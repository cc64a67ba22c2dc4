-- ===== src/Registry/Hierarchy/Descendants.antt =====
-- The recursive query finishes, and its rows are the identifiers that walks along the edges reach.
use strat_align.Prelude.{
  ℕ, zero, suc, ◌≤◌, ◌<◌, true, false, Option, some, List, [], ◌∷◌, ◌++◌, ◌≡◌, refl, sym, ap, ◌↔◌,
  ◌∙◌, ◌⊎◌, inl, inr, arith, In, map, length, Bool-cases,
}
use mathlib.Core.Path.{subst}
use strat_align.Strategy.Cycle.{DirectedEdge, has}
use strat_align.Strategy.Cycle.Sets.{edge, In-of_has, has-of_In}
use strat_align.Strategy.Cycle.Walks.{Walk, one, more, Walk-snoc}
use strat_align.Strategy.Cycle.Fuel.{room, room-le-length}
use strat_align.Registry.Hierarchy.{
  KpiHierarchyNode, children_of, new_rows, next_round, rounds, descendants,
}

-- The edges of the rows.
abbrev pub links : List KpiHierarchyNode → List DirectedEdge
links hs = map (λ h. edge h.parent_kpi_id h.child_kpi_id) hs

abbrev children : List KpiHierarchyNode → List ℕ
children hs = map (λ h. h.child_kpi_id) hs

In-append : (xs ys : List ℕ) (a : ℕ) → In a (xs ++ ys) ↔ (In a xs ⊎ In a ys)
In-append [] ys a = (λ h. inr h, λ h. elim h [ inl e ↦ absurd e | inr k ↦ k ])
In-append (x ∷ xs) ys a = ground (arith, In-append xs ys a)

child_cases :
    (n : KpiHierarchyNode) (hs : List KpiHierarchyNode) (ps : List ℕ) (v : ℕ)
    → has ps n.parent_kpi_id ≡ true
    → In v (children_of (n ∷ hs) ps)
    → (v ≡ n.child_kpi_id) ⊎ In v (children_of hs ps)
unfolding children_of
child_cases n hs ps v found h = ground arith

skipped :
    (n : KpiHierarchyNode) (hs : List KpiHierarchyNode) (ps : List ℕ) (v : ℕ)
    → has ps n.parent_kpi_id ≡ false
    → In v (children_of (n ∷ hs) ps)
    → In v (children_of hs ps)
unfolding children_of
skipped n hs ps v other h = ground arith

children_of-In :
    (hs : List KpiHierarchyNode) (ps : List ℕ) (v : ℕ)
    → In v (children_of hs ps)
    → (u : ℕ) × In u ps × In (edge u v) (links hs)
unfolding children_of
children_of-In [] ps v h = absurd h
children_of-In (n ∷ hs) ps v h = elim (Bool-cases (has ps n.parent_kpi_id)) [
  | inl found ↦ elim (child_cases n hs ps v found h) [
    | inl same ↦ (n.parent_kpi_id, In-of_has ps n.parent_kpi_id found, inl (rw same refl))
    | inr rest ↦ let (u, i, e) = children_of-In hs ps v rest in (u, i, inr e)
  ]
  | inr other ↦ let (u, i, e) = children_of-In hs ps v (skipped n hs ps v other h) in (u, i, inr e)
]

In-children_of :
    (hs : List KpiHierarchyNode) (ps : List ℕ) (u v : ℕ)
    → In u ps
    → In (edge u v) (links hs)
    → In v (children_of hs ps) × In v (children hs)
unfolding children_of
In-children_of [] ps u v i h = absurd h
In-children_of (n ∷ hs) ps u v i h = elim h [
  | inl same ↦
      let from = ap (λ (d : DirectedEdge). d.from_node_id) same in
      let to = ap (λ (d : DirectedEdge). d.to_node_id) same in
      (rw (to, ← from, has-of_In ps u i) (inl refl), inl to)
  | inr later ↦ let (a, b) = In-children_of hs ps u v i later in (ground arith, inr b)
]

new_rows-In :
    (found xs : List ℕ) (x : ℕ) → In x (new_rows found xs) → In x xs × (has found x ≡ false)
unfolding new_rows
new_rows-In found [] x h = absurd h
new_rows-In found (y ∷ xs) x h =
    ground (arith, new_rows-In found xs x, new_rows-In (y ∷ found) xs x)

In-new_rows : (found xs : List ℕ) (x : ℕ) → In x xs → In x found ⊎ In x (new_rows found xs)
unfolding new_rows
In-new_rows found [] x h = absurd h
In-new_rows found (y ∷ xs) x h =
    ground (arith, In-new_rows found xs x, In-new_rows (y ∷ found) xs x, In-of_has found y)

room-le : (pool xs ys : List ℕ) → ((a : ℕ) → In a xs → In a ys) → room pool ys ≤ room pool xs
unfolding room
room-le [] xs ys sub = omega arith
room-le (p ∷ pool) xs ys sub =
    ground (arith, room-le pool xs ys sub, In-of_has xs p, sub p, has-of_In ys p)

room-lt :
    (pool xs ys : List ℕ) (c : ℕ)
    → ((a : ℕ) → In a xs → In a ys)
    → In c pool
    → has xs c ≡ false
    → In c ys
    → room pool ys < room pool xs
unfolding room
room-lt [] xs ys c sub i absent present = absurd i
room-lt (p ∷ pool) xs ys c sub i absent present = ground (
  arith,
  room-le pool xs ys sub,
  In-of_has xs p,
  sub p,
  has-of_In ys p,
  has-of_In ys c,
  room-lt pool xs ys c sub,
)

List-cases : (xs : List ℕ) → (xs ≡ []) ⊎ ((y : ℕ) × (ys : List ℕ) × (xs ≡ y ∷ ys))
List-cases [] = inl refl
List-cases (y ∷ ys) = inr (y, ys, refl)

next_round-more :
    (added found : List ℕ) (rest : Option (List ℕ)) (y : ℕ) (ys : List ℕ)
    → added ≡ y ∷ ys
    → next_round added found rest ≡ rest
next_round-more added found rest y ys h = rw h refl

module _ (hs : List KpiHierarchyNode) (child : ℕ) where
  abbrev Below : List ℕ → Type 0
  Below xs = (x : ℕ) → In x xs → Walk (links hs) child x

  -- The children of those found are found, but for those of the last round.
  abbrev pub IsExpanded : List ℕ → List ℕ → Type 0
  IsExpanded work found = (u v : ℕ) → In u found → In (edge u v) (links hs) → In u work ⊎ In v found

  abbrev pub IsClosed : List ℕ → Type 0
  IsClosed found = (u v : ℕ) → In u found → In (edge u v) (links hs) → In v found

  abbrev added : List ℕ → List ℕ → List ℕ
  added work found = new_rows found (children_of hs work)

  record Good (found rows : List ℕ) : Type 0 where
    below : Below rows
    kept : (x : ℕ) → In x found → In x rows
    closed : IsClosed rows

  added-Below : (work found : List ℕ) → Below work → Below (added work found)
  added-Below work found below x h =
      let (i, absent) = new_rows-In found (children_of hs work) x h in
      let (u, j, e) = children_of-In hs work x i in Walk-snoc (below u j) e

  next_found :
      (work found : List ℕ)
      → IsExpanded work found
      → (u v : ℕ) → In u found
      → In (edge u v) (links hs)
      → In v found ⊎ In v (added work found)
  next_found work found expanded u v i e = elim (expanded u v i e) [
    | inl at_work ↦
        In-new_rows found (children_of hs work) v (In-children_of hs work u v at_work e).0
    | inr old ↦ inl old
  ]

  -- What a round leaves to the next.
  added-IsExpanded :
      (work found : List ℕ)
      → IsExpanded work found
      → IsExpanded (added work found) (added work found ++ found)
  added-IsExpanded work found expanded u v i e = elim ((In-append (added work found) found u).0 i) [
    | inl new ↦ inl new
    | inr old ↦ inr (
        (In-append (added work found) found v).1
          (elim (next_found work found expanded u v old e) [ inl a ↦ inr a | inr b ↦ inl b ]))
  ]

  last-IsClosed :
      (work found : List ℕ) → IsExpanded work found → added work found ≡ [] → IsClosed found
  last-IsClosed work found expanded none_added u v i e =
      elim (next_found work found expanded u v i e) [
        | inl old ↦ old
        | inr new ↦ absurd (subst (λ xs. In v xs) none_added new)
      ]

  added-room :
      (work found : List ℕ) (y : ℕ)
      → In y (added work found)
      → room (children hs) (added work found ++ found) < room (children hs) found
  added-room work found y h =
      let (i, absent) = new_rows-In found (children_of hs work) y h in
      let (u, j, e) = children_of-In hs work y i in
      room-lt (children hs) found (added work found ++ found) y
        (λ a k. (In-append (added work found) found a).1 (inr k)) (In-children_of hs work u y j e).1
        absent ((In-append (added work found) found y).1 (inl h))

  rounds-more :
      (fuel : ℕ) (work found : List ℕ) (y : ℕ) (ys : List ℕ)
      → added work found ≡ y ∷ ys
      → rounds hs (suc fuel) work found
        ≡ rounds hs fuel (added work found) (added work found ++ found)
  unfolding rounds
  rounds-more fuel work found y ys h = next_round-more _ found _ y ys h

  rounds-Good :
      (fuel : ℕ) (work found : List ℕ)
      → room (children hs) found < fuel
      → Below work
      → Below found
      → IsExpanded work found
      → (rows : List ℕ) × (rounds hs fuel work found ≡ some rows) × Good found rows
  unfolding rounds
  rounds-Good zero work found bound b1 b2 expanded = absurd (omega arith)
  rounds-Good (suc fuel) work found bound b1 b2 expanded = elim (List-cases (added work found)) [
    | inl none_added ↦ (
      found,
      rw (none_added, rounds) refl,
      record { below = b2; kept = λ x i. i; closed = last-IsClosed work found expanded none_added },
    )
    | inr (y, ys, some_added) ↦
        let new = added work found in
        let first_new = subst (λ xs. In y xs) (sym some_added) (inl refl) in
        let (rows, finished, good) =
          rounds-Good fuel new (new ++ found) (omega (arith, added-room work found y first_new))
            (added-Below work found b1)
            (λ x i. elim ((In-append new found x).0 i) [
              | inl n ↦ added-Below work found b1 x n
              | inr o ↦ b2 x o
            ])
            (added-IsExpanded work found expanded) in
        (
          rows,
          rounds-more fuel work found y ys some_added ∙ finished,
          record {
            below = good.below;
            kept = λ x i. good.kept x ((In-append new found x).1 (inr i));
            closed = good.closed;
          },
        )
  ]

  reached-In :
      (rows : List ℕ) → IsClosed rows → {u v : ℕ} → In u rows → Walk (links hs) u v → In v rows
  reached-In rows closed i (one {u} {v} e) = closed u v i e
  reached-In rows closed i (more {u} {v} e w) = reached-In rows closed (closed u v i e) w

  abbrev start : List ℕ
  start = new_rows [] (children_of hs (child ∷ []))

  start-Below : Below start
  start-Below x i =
      let (u, j, e) =
        children_of-In hs (child ∷ []) x (new_rows-In [] (children_of hs (child ∷ [])) x i).0 in
      elim j [
        | inl same ↦ one (subst (λ k. In (edge k x) (links hs)) same e)
        | inr nowhere ↦ absurd nowhere
      ]

  In-start : (v : ℕ) → In (edge child v) (links hs) → In v start
  In-start v e =
      elim (In-new_rows [] (children_of hs (child ∷ [])) v
        (In-children_of hs (child ∷ []) child v (inl refl) e).0) [
          | inl nowhere ↦ absurd nowhere
          | inr i ↦ i
        ]

  walked-In : {x : ℕ} (rows : List ℕ) → Good start rows → Walk (links hs) child x → In x rows
  walked-In rows good (one {v} e) = good.kept v (In-start v e)
  walked-In rows good (more {v} e w) = reached-In rows good.closed (good.kept v (In-start v e)) w

  length-children : (ns : List KpiHierarchyNode) → length (children ns) ≡ length ns
  length-children [] = refl
  length-children (n ∷ ns) = ap suc (length-children ns)

  -- The query finishes, with the identifiers that walks from the child reach.
  pub descendants_iff :
      (rows : List ℕ) × (descendants hs child ≡ some rows)
      × ((x : ℕ) → In x rows ↔ Walk (links hs) child x)
  unfolding descendants
  descendants_iff =
      let (rows, finished, good) =
        rounds-Good (suc (length hs)) start start
          (omega (arith, room-le-length (children hs) start, length-children hs)) start-Below
          start-Below (λ u v i e. inl i) in
      (rows, finished, λ x. (good.below x, walked-In rows good))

☆ ☆ ☆ ☆ ☆

Required work
Every line above that holds the string "identifiers" should be copied into the answer.

Exercise output
-- The recursive query finishes, and its rows are the identifiers that walks along the edges reach.
  -- The query finishes, with the identifiers that walks from the child reach.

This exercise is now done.